Раньше он был директором начальной школы, а теперь стал ректором гимназии и, конечно, уверен, как и все кругом, что я-то уж непременно буду там учиться. Мои отметки были напечатаны в газете — так принято чествовать лучшего выпускника; Еспер самолично набрал текст. Он взял мое имя и отметки в рамку, которая сразу бросается в глаза, стоит открыть газету на второй странице. Меня это страшно смутило, я три дня не выходила из дому. Еспер говорит, что на сегодня это его самая лучшая работа, он собирался набрать все готическим шрифтом, чтобы подчеркнуть важность сообщения, да не оказалось некоторых букв, потому что немцы их совсем затерли. Теперь мне кажется, что сообщение выглядело как некролог.
Лонин отец остался теперь отцом одного Ханса, и непонятно, с чего вдруг он заговорил со мной, если несколько лет меня как будто не существовало. Наверно, у него не так много приятелей. Ведь он вступил в Датскую национал-социалистическую рабочую партию, а там, говорит Еспер, собрались те еще рабочие:
— Граф Бент Хольстейн, граф Кнут Кнутхенборг, граф Ратлоу и егерь Его Королевского величества Сехестед, это я называю только самых неутомимых тружеников.
Они даже и не датчане, а иноземная зараза, проникшая к нам с юга, как ящур. Он прошелся по многим хозяйствам. Во Врангбэке порезали всех коров, и бабушке пришлось продать усадьбу и сдаться в дом для престарелых в Себю: теперь сидит там день-деньской на стуле и поносит дурными словами каждого, кто рискнет к ней приблизиться.
Так что от Врангбэка мы отделались навсегда, о чем никто не печалится, кроме матери, которая знай талдычит:
— Вот ведь! Нет бы нам дом отдать!
Все это уже прошлое, мы больше не наяриваем наши велосипеды в ту сторону, но по ночам я люблю проскакать на Люцифере по длинной дорожке через китайский садик за домом. Он разросся в настоящий лес с упирающимися в небо деревьями, и в нем одновременно и солнце, и луна. Подковы впечатываются в деревянный настил; я потная, горячая, а ветер обдувает грудь, и Люцифер ходуном ходит у меня меж ног, вот; и я свожу бедра, вытягиваюсь вперед и намертво вцепляюсь в гриву, чтоб не грохнуться.

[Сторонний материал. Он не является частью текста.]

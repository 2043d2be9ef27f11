-- ===== src/Http/Lists.antt =====
-- The routes of aggregator_demo/app.py that list rows, with the queries of the repositories behind
-- them. Rows that the order of a query does not tell apart keep the order of the table here; the
-- database may return them in any order.
use depotflux_demo.Prelude.{
  ℕ, Bool, false, ◌&&◌, ◌||◌, Option, none, some, List, [], ◌∷◌, String, ltb, ◌==◌, take, drop,
  if◌then◌else◌, ok, err,
}
use depotflux_demo.Floats.{Floats}
use depotflux_demo.Runs.Row.{Runs, find}
use depotflux_demo.Notices.{NoticeRow, Notices}
use depotflux_demo.Simulations.{Simulations}
use depotflux_demo.Dispatch.Evidence.{DispatchAttempt, SecurityEvent}
use depotflux_demo.Control.{authenticate_control_key}
use depotflux_demo.Http.{
  Answer, answered, refused, unhandled, Body, notice_body, notices_body, attempts_body, events_body,
  simulations_body, Service, Application, key_accepted, is_configured,
}

-- `order_by`, by a test of which of two rows comes first.
unfoldable pub insert_ordered : {A : Type 0} → (A → A → Bool) → A → List A → List A
insert_ordered comes_first row [] = row ∷ []
insert_ordered comes_first row (other ∷ rows) =
    let rest = insert_ordered comes_first row rows in
    if comes_first other row then other ∷ rest else row ∷ other ∷ rows

unfoldable pub ordered : {A : Type 0} → (A → A → Bool) → List A → List A
ordered comes_first [] = []
ordered comes_first (row ∷ rows) = insert_ordered comes_first row (ordered comes_first rows)

-- `limit(limit).offset(offset)`
abbrev pub page : {A : Type 0} → ℕ → ℕ → List A → List A
page limit offset rows = take limit (drop offset rows)

-- `where(…)`
unfoldable pub chosen : {A : Type 0} → (A → Bool) → List A → List A
chosen test [] = []
chosen test (row ∷ rows) = let rest = chosen test rows in if test row then row ∷ rest else rest

-- `order_by(created_at.desc(), id.desc())`
unfoldable pub is_newer : ℕ × ℕ → ℕ × ℕ → Bool
is_newer (created_at, id) (created_at', id') =
    ltb created_at' created_at || created_at == created_at' && ltb id' id

module _ ⦃F : Floats⦄ where
  -- `NoticeRepository.get`
  unfoldable pub find_notice : ℕ → Notices → Option NoticeRow
  find_notice notice_id [] = none
  find_notice notice_id (notice ∷ notices) =
      if notice.id == notice_id then some notice else find_notice notice_id notices

  -- `NoticeRepository.list`
  unfoldable pub notice_page : ℕ → ℕ → Notices → Notices
  notice_page limit offset notices =
      page limit offset
        (ordered (λ a b. is_newer (a.created_at, a.id) (b.created_at, b.id)) notices)

  -- `ControlSimulationRepository.list`; `none` is the `RunNotFoundError`
  unfoldable pub run_simulations : Runs F.Float → ℕ → Simulations → Option Simulations
  run_simulations runs run_id simulations = elim (find run_id runs) [
    | none ↦ none
    | some _ ↦ some (
        ordered (λ a b. ltb a.interval_index b.interval_index)
          (chosen (λ row. row.run_id == run_id) simulations))
  ]

  abbrev is_of_run : ℕ → Option ℕ → Bool
  is_of_run run_id none = false
  is_of_run run_id (some other) = other == run_id

  -- `DispatchEvidenceRepository.list_attempts` of a run, and `list_events`
  unfoldable pub attempt_page : ℕ → ℕ → ℕ → List DispatchAttempt → List DispatchAttempt
  attempt_page run_id limit offset attempts = page limit offset (
      ordered (λ a b. ltb b.created_at a.created_at)
        (chosen (λ a. is_of_run run_id a.run_id) attempts))

  unfoldable pub event_page : ℕ → ℕ → List SecurityEvent → List SecurityEvent
  event_page limit offset events =
      page limit offset (ordered (λ a b. ltb b.occurred_at a.occurred_at) events)

-- The handler of `ControlAuthenticationError` in `list_dispatch_simulations`.
unfoldable pub dispatch_key_answer : {B : Type 0} → Option String → Answer B
dispatch_key_answer configured =
    if is_configured configured
    then refused 401 "control_authentication_failed"
    else refused 503 "dispatch_disabled"

-- The handler of `ControlAuthenticationError` around simulated writes.
unfoldable pub control_key_answer : {B : Type 0} → Option String → Answer B
control_key_answer configured =
    if is_configured configured
    then refused 401 "control_authentication_failed"
    else refused 503 "control_simulation_disabled"

module _ ⦃F : Floats⦄ {S : Type 0} (app : Application S) where
  unfoldable pub list_notices : ℕ → ℕ → Service S → Answer Body × Service S
  list_notices limit offset s =
      (answered 200 (notices_body (notice_page limit offset s.notices)), s)

  unfoldable pub get_notice : ℕ → Service S → Answer Body × Service S
  get_notice notice_id s = (
    elim (find_notice notice_id s.notices) [
      | none ↦ refused 404 "notice_not_found"
      | some notice ↦ answered 200 (notice_body notice)
    ],
    s,
  )

  unfoldable pub list_security_events : ℕ → ℕ → Service S → Answer Body × Service S
  list_security_events limit offset s =
      (answered 200 (events_body (event_page limit offset s.evidence.events)), s)

  -- A listing behind the control key.
  unfoldable pub with_control_key :
      Option String → (Option String → Answer Body) → Answer Body → Answer Body
  with_control_key control_key wrong_key answer =
      elim (key_accepted app.texts.is_ascii control_key app.control_api_key) [
        | none ↦ unhandled
        | some _ ↦ elim (authenticate_control_key control_key app.control_api_key) [
          | err _ ↦ wrong_key app.control_api_key
          | ok _ ↦ answer
        ]
      ]

  unfoldable pub list_dispatch_simulations :
      ℕ → Option String → ℕ → ℕ → Service S → Answer Body × Service S
  list_dispatch_simulations run_id control_key limit offset s = (
    with_control_key control_key dispatch_key_answer
        (answered 200 (attempts_body (attempt_page run_id limit offset s.evidence.attempts))),
    s,
  )

  unfoldable pub list_control_simulations : ℕ → Option String → Service S → Answer Body × Service S
  list_control_simulations run_id control_key s = (
    with_control_key control_key control_key_answer
        (elim (run_simulations s.runs run_id s.simulations) [
          | none ↦ refused 404 "run_not_found"
          | some rows ↦ answered 200 (simulations_body rows)
        ]),
    s,
  )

Правда, китайский садик давно сровняли с землей и превратили в гравийный карьер, чтобы втридорога продавать немцам песок и щебенку, которых им нужно тьму-тьмущую, чтобы строить бункеры, противотанковые рвы и заграждения Южной батареи рядом с Унерстед. Но это все не играет никакой роли для отца Лоне, которому нравится чужая страна, не наша, поэтому я кричу ему, проезжая мимо:
— Wir sehen uns niemals, herr Oberhauptbahnhof, — и думаю: "Ага, получил?!" Но никакой радости от этого я не испытываю, куда лучше было бы увидеться с ним осенью в гимназии, а теперь, когда я оглядываюсь, на дороге маячит с садовым секатором в руках грустный коллаборационист, который поддерживает немцев за их научный подход к жизни и видит муравьиную потенцию в людском сообществе.
Марианна живет в кирпичном доме в том месте, где начинаются за городом крестьянские хутора, сюда едут мимо богатеев за белыми заборчиками, мимо мореходки и через насквозь продуваемый ветрами пустырь за Северной Страндвей. Если смотреть по карте, старая хижина Еспера в двух шагах отсюда, но, чтобы попасть в нее, надо отклониться вдоль Эллингова ручья в противоположную от моря сторону до моста на Скагенсвей, а потом тащиться по проселочной дороге через все поле по ту сторону моста. С хижиной это было здорово. До такого мало кто додумается.